## Work task
Retype everything in the entries that follow, exactly as shown.

## Material supplied
-- ===== src/Queue/Moves.antt =====
-- Every step of every thread keeps the invariant.
use libchronos.Base.{
  ℕ, ◌+◌, ◌^◌, ◌≤◌, ◌<◌, ◌≡◌, sym, true, Option, some, arith, ◌⊎◌, inl, inr, subst,
}
use libchronos.Base.Words.{inc64}
use libchronos.Queue.{MpmcQueue, update, diff, is_zero}
use libchronos.Queue.Threads.{
  Pc, push_seen, push_won, pop_seen, pop_won, seq_of, Move, push, push_load, push_win, push_lose,
  push_full, push_late, push_copy, push_done, pop, pop_load, pop_win, pop_lose, pop_empty, pop_late,
  pop_copy, pop_done,
}
use libchronos.Queue.Inv.{
  IsQueue, Fits, writes, reads, push_win-free, pop_win-full, push_win-IsQueue, push_copy-IsQueue,
  push_done-IsQueue, pop_win-IsQueue, pop_done-IsQueue,
}
use libchronos.Queue.Frame.{
  Apart, push_win-Fits, push_copy-Fits, push_done-Fits, pop_win-Fits, pop_done-Fits,
}

-- What a step of one thread leaves.
pub record Kept {A : Type 0} (capacity : ℕ) (m : MpmcQueue A) (log : ℕ → Option A) (p : Pc A)
    (m' : MpmcQueue A) (log' : ℕ → Option A) (p' : Pc A) : Type 0 where
  pub queue : IsQueue capacity m' log'
  pub own : Fits capacity m' log' p'
  pub others : (q : Pc A) → Apart p q → Fits capacity m log q → Fits capacity m' log' q
  pub writer : (t : ℕ) → writes p' ≡ some t → (writes p ≡ some t) ⊎ (t ≡ m.head)
  pub reader : (t : ℕ) → reads p' ≡ some t → (reads p ≡ some t) ⊎ (t ≡ m.tail)
  pub slow : m'.head ≤ m.head + 1

module _ {A : Type 0} (capacity : ℕ) (two : 2 ≤ capacity) where
  -- A step that changes no memory.
  quiet :
      {m : MpmcQueue A} {log : ℕ → Option A} {p p' : Pc A}
      → IsQueue capacity m log
      → Fits capacity m log p'
      → ((t : ℕ) → writes p' ≡ some t → (writes p ≡ some t) ⊎ (t ≡ m.head))
      → ((t : ℕ) → reads p' ≡ some t → (reads p ≡ some t) ⊎ (t ≡ m.tail))
      → Kept capacity m log p m log p'
  quiet v f w r = record {
    queue = v;
    own = f;
    others = λ q a g. g;
    writer = w;
    reader = r;
    slow = omega arith;
  }

  push_win-Kept :
      {m : MpmcQueue A} {log : ℕ → Option A} (val : A) (seen : ℕ)
      → IsQueue capacity m log
      → m.head + capacity < 2 ^ 63
      → seen ≤ seq_of capacity m m.head
      → is_zero (diff seen m.head) ≡ true
      → Kept capacity m log
          (push_seen val m.head seen)
          (record m { head = inc64 m.head })
          (update log m.head (some val))
          (push_won val m.head)
  push_win-Kept {m} {log} val seen v small le z =
      let (free, space) = push_win-free capacity two m log seen v small le z in
      record {
        queue = push_win-IsQueue capacity two m log val v small free space;
        own = ground (arith, v.ordered, free);
        others = λ q a g. push_win-Fits capacity two m log val q small v free g;
        writer = λ t e. inr (ground (arith, e));
        reader = λ t e. cc;
        slow = omega arith;
      }

  pop_win-Kept :
      {m : MpmcQueue A} {log : ℕ → Option A} (seen : ℕ)
      → IsQueue capacity m log
      → m.head + capacity < 2 ^ 63
      → seen ≤ seq_of capacity m m.tail
      → is_zero (diff seen (inc64 m.tail)) ≡ true
      → Kept capacity m log
          (pop_seen m.tail seen)
          (record m { tail = inc64 m.tail })
          log
          (pop_won m.tail)
  pop_win-Kept {m} {log} seen v small le z =
      let (full, below, value) = pop_win-full capacity two m log seen v small le z in
      record {
        queue = pop_win-IsQueue capacity two m log v small full below value;
        own = ground (arith, v.room, v.ordered, full, below, value);
        others = λ q a g. pop_win-Fits capacity two m log q small v full below g;
        writer = λ t e. cc;
        reader = λ t e. inr (ground (arith, e));
        slow = omega arith;
      }

  pub Move-Kept :
      {m m' : MpmcQueue A} {log log' : ℕ → Option A} {p p' : Pc A}
      → Move capacity m log p m' log' p'
      → IsQueue capacity m log
      → m.head + capacity < 2 ^ 63
      → Fits capacity m log p
      → Kept capacity m log p m' log' p'
  Move-Kept (push val) v small f = quiet v (omega arith) (λ t e. cc) (λ t e. cc)
  Move-Kept push_load v small f = quiet v (f, omega arith) (λ t e. cc) (λ t e. cc)
  Move-Kept {m} {log = log} (push_win {val} {spot} {seen} z e) v small f =
      subst
        (λ (s : ℕ).
          Kept capacity m log (push_seen val s seen) (record m { head = inc64 s })
            (update log s (some val)) (push_won val s))
        e
        (push_win-Kept val seen v small (subst (λ (s : ℕ). seen ≤ seq_of capacity m s) (sym e) f.1)
          (subst (λ (s : ℕ). is_zero (diff seen s) ≡ true) (sym e) z))
  Move-Kept (push_lose z) v small f = quiet v (omega arith) (λ t e. cc) (λ t e. cc)
  Move-Kept (push_full z) v small f = quiet v tt (λ t e. cc) (λ t e. cc)
  Move-Kept (push_late z n) v small f = quiet v (omega arith) (λ t e. cc) (λ t e. cc)
  Move-Kept {m} {log = log} (push_copy {val} {ticket}) v small f = record {
    queue = push_copy-IsQueue capacity two m log val ticket v small f;
    own = ground (arith, f);
    others = λ q a g. push_copy-Fits capacity two m log val ticket q v f a g;
    writer = λ t e. inl e;
    reader = λ t e. cc;
    slow = omega arith;
  }
  Move-Kept {m} {log = log} (push_done {val} {ticket}) v small f = record {
    queue = push_done-IsQueue capacity two m log val ticket v small f;
    own = tt;
    others = λ q a g. push_done-Fits capacity two m log val ticket q small v f a g;
    writer = λ t e. cc;
    reader = λ t e. cc;
    slow = omega arith;
  }
  Move-Kept pop v small f = quiet v (omega arith) (λ t e. cc) (λ t e. cc)
  Move-Kept pop_load v small f = quiet v (f, omega arith) (λ t e. cc) (λ t e. cc)
  Move-Kept {m} {log = log} (pop_win {spot} {seen} z e) v small f =
      subst
        (λ (s : ℕ).
          Kept capacity m log (pop_seen s seen) (record m { tail = inc64 s }) log (pop_won s))
        e
        (pop_win-Kept seen v small (subst (λ (s : ℕ). seen ≤ seq_of capacity m s) (sym e) f.1)
          (subst (λ (s : ℕ). is_zero (diff seen (inc64 s)) ≡ true) (sym e) z))
  Move-Kept (pop_lose z) v small f = quiet v (omega arith) (λ t e. cc) (λ t e. cc)
  Move-Kept (pop_empty z) v small f = quiet v tt (λ t e. cc) (λ t e. cc)
  Move-Kept (pop_late z n) v small f = quiet v (omega arith) (λ t e. cc) (λ t e. cc)
  Move-Kept pop_copy v small f = quiet v (ground (arith, f)) (λ t e. cc) (λ t e. inl e)
  Move-Kept {m} {log = log} (pop_done {ticket} {val}) v small f = record {
    queue = pop_done-IsQueue capacity two m log ticket val v small f;
    own = tt;
    others = λ q a g. pop_done-Fits capacity two m log ticket val q small v f a g;
    writer = λ t e. cc;
    reader = λ t e. cc;
    slow = omega arith;
  }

## Response
-- ===== src/Queue/Moves.antt =====
-- Every step of every thread keeps the invariant.
use libchronos.Base.{
  ℕ, ◌+◌, ◌^◌, ◌≤◌, ◌<◌, ◌≡◌, sym, true, Option, some, arith, ◌⊎◌, inl, inr, subst,
}
use libchronos.Base.Words.{inc64}
use libchronos.Queue.{MpmcQueue, update, diff, is_zero}
use libchronos.Queue.Threads.{
  Pc, push_seen, push_won, pop_seen, pop_won, seq_of, Move, push, push_load, push_win, push_lose,
  push_full, push_late, push_copy, push_done, pop, pop_load, pop_win, pop_lose, pop_empty, pop_late,
  pop_copy, pop_done,
}
use libchronos.Queue.Inv.{
  IsQueue, Fits, writes, reads, push_win-free, pop_win-full, push_win-IsQueue, push_copy-IsQueue,
  push_done-IsQueue, pop_win-IsQueue, pop_done-IsQueue,
}
use libchronos.Queue.Frame.{
  Apart, push_win-Fits, push_copy-Fits, push_done-Fits, pop_win-Fits, pop_done-Fits,
}

-- What a step of one thread leaves.
pub record Kept {A : Type 0} (capacity : ℕ) (m : MpmcQueue A) (log : ℕ → Option A) (p : Pc A)
    (m' : MpmcQueue A) (log' : ℕ → Option A) (p' : Pc A) : Type 0 where
  pub queue : IsQueue capacity m' log'
  pub own : Fits capacity m' log' p'
  pub others : (q : Pc A) → Apart p q → Fits capacity m log q → Fits capacity m' log' q
  pub writer : (t : ℕ) → writes p' ≡ some t → (writes p ≡ some t) ⊎ (t ≡ m.head)
  pub reader : (t : ℕ) → reads p' ≡ some t → (reads p ≡ some t) ⊎ (t ≡ m.tail)
  pub slow : m'.head ≤ m.head + 1

module _ {A : Type 0} (capacity : ℕ) (two : 2 ≤ capacity) where
  -- A step that changes no memory.
  quiet :
      {m : MpmcQueue A} {log : ℕ → Option A} {p p' : Pc A}
      → IsQueue capacity m log
      → Fits capacity m log p'
      → ((t : ℕ) → writes p' ≡ some t → (writes p ≡ some t) ⊎ (t ≡ m.head))
      → ((t : ℕ) → reads p' ≡ some t → (reads p ≡ some t) ⊎ (t ≡ m.tail))
      → Kept capacity m log p m log p'
  quiet v f w r = record {
    queue = v;
    own = f;
    others = λ q a g. g;
    writer = w;
    reader = r;
    slow = omega arith;
  }

  push_win-Kept :
      {m : MpmcQueue A} {log : ℕ → Option A} (val : A) (seen : ℕ)
      → IsQueue capacity m log
      → m.head + capacity < 2 ^ 63
      → seen ≤ seq_of capacity m m.head
      → is_zero (diff seen m.head) ≡ true
      → Kept capacity m log
          (push_seen val m.head seen)
          (record m { head = inc64 m.head })
          (update log m.head (some val))
          (push_won val m.head)
  push_win-Kept {m} {log} val seen v small le z =
      let (free, space) = push_win-free capacity two m log seen v small le z in
      record {
        queue = push_win-IsQueue capacity two m log val v small free space;
        own = ground (arith, v.ordered, free);
        others = λ q a g. push_win-Fits capacity two m log val q small v free g;
        writer = λ t e. inr (ground (arith, e));
        reader = λ t e. cc;
        slow = omega arith;
      }

  pop_win-Kept :
      {m : MpmcQueue A} {log : ℕ → Option A} (seen : ℕ)
      → IsQueue capacity m log
      → m.head + capacity < 2 ^ 63
      → seen ≤ seq_of capacity m m.tail
      → is_zero (diff seen (inc64 m.tail)) ≡ true
      → Kept capacity m log
          (pop_seen m.tail seen)
          (record m { tail = inc64 m.tail })
          log
          (pop_won m.tail)
  pop_win-Kept {m} {log} seen v small le z =
      let (full, below, value) = pop_win-full capacity two m log seen v small le z in
      record {
        queue = pop_win-IsQueue capacity two m log v small full below value;
        own = ground (arith, v.room, v.ordered, full, below, value);
        others = λ q a g. pop_win-Fits capacity two m log q small v full below g;
        writer = λ t e. cc;
        reader = λ t e. inr (ground (arith, e));
        slow = omega arith;
      }

  pub Move-Kept :
      {m m' : MpmcQueue A} {log log' : ℕ → Option A} {p p' : Pc A}
      → Move capacity m log p m' log' p'
      → IsQueue capacity m log
      → m.head + capacity < 2 ^ 63
      → Fits capacity m log p
      → Kept capacity m log p m' log' p'
  Move-Kept (push val) v small f = quiet v (omega arith) (λ t e. cc) (λ t e. cc)
  Move-Kept push_load v small f = quiet v (f, omega arith) (λ t e. cc) (λ t e. cc)
  Move-Kept {m} {log = log} (push_win {val} {spot} {seen} z e) v small f =
      subst
        (λ (s : ℕ).
          Kept capacity m log (push_seen val s seen) (record m { head = inc64 s })
            (update log s (some val)) (push_won val s))
        e
        (push_win-Kept val seen v small (subst (λ (s : ℕ). seen ≤ seq_of capacity m s) (sym e) f.1)
          (subst (λ (s : ℕ). is_zero (diff seen s) ≡ true) (sym e) z))
  Move-Kept (push_lose z) v small f = quiet v (omega arith) (λ t e. cc) (λ t e. cc)
  Move-Kept (push_full z) v small f = quiet v tt (λ t e. cc) (λ t e. cc)
  Move-Kept (push_late z n) v small f = quiet v (omega arith) (λ t e. cc) (λ t e. cc)
  Move-Kept {m} {log = log} (push_copy {val} {ticket}) v small f = record {
    queue = push_copy-IsQueue capacity two m log val ticket v small f;
    own = ground (arith, f);
    others = λ q a g. push_copy-Fits capacity two m log val ticket q v f a g;
    writer = λ t e. inl e;
    reader = λ t e. cc;
    slow = omega arith;
  }
  Move-Kept {m} {log = log} (push_done {val} {ticket}) v small f = record {
    queue = push_done-IsQueue capacity two m log val ticket v small f;
    own = tt;
    others = λ q a g. push_done-Fits capacity two m log val ticket q small v f a g;
    writer = λ t e. cc;
    reader = λ t e. cc;
    slow = omega arith;
  }
  Move-Kept pop v small f = quiet v (omega arith) (λ t e. cc) (λ t e. cc)
  Move-Kept pop_load v small f = quiet v (f, omega arith) (λ t e. cc) (λ t e. cc)
  Move-Kept {m} {log = log} (pop_win {spot} {seen} z e) v small f =
      subst
        (λ (s : ℕ).
          Kept capacity m log (pop_seen s seen) (record m { tail = inc64 s }) log (pop_won s))
        e
        (pop_win-Kept seen v small (subst (λ (s : ℕ). seen ≤ seq_of capacity m s) (sym e) f.1)
          (subst (λ (s : ℕ). is_zero (diff seen (inc64 s)) ≡ true) (sym e) z))
  Move-Kept (pop_lose z) v small f = quiet v (omega arith) (λ t e. cc) (λ t e. cc)
  Move-Kept (pop_empty z) v small f = quiet v tt (λ t e. cc) (λ t e. cc)
  Move-Kept (pop_late z n) v small f = quiet v (omega arith) (λ t e. cc) (λ t e. cc)
  Move-Kept pop_copy v small f = quiet v (ground (arith, f)) (λ t e. cc) (λ t e. inl e)
  Move-Kept {m} {log = log} (pop_done {ticket} {val}) v small f = record {
    queue = pop_done-IsQueue capacity two m log ticket val v small f;
    own = tt;
    others = λ q a g. pop_done-Fits capacity two m log ticket val q small v f a g;
    writer = λ t e. cc;
    reader = λ t e. cc;
    slow = omega arith;
  }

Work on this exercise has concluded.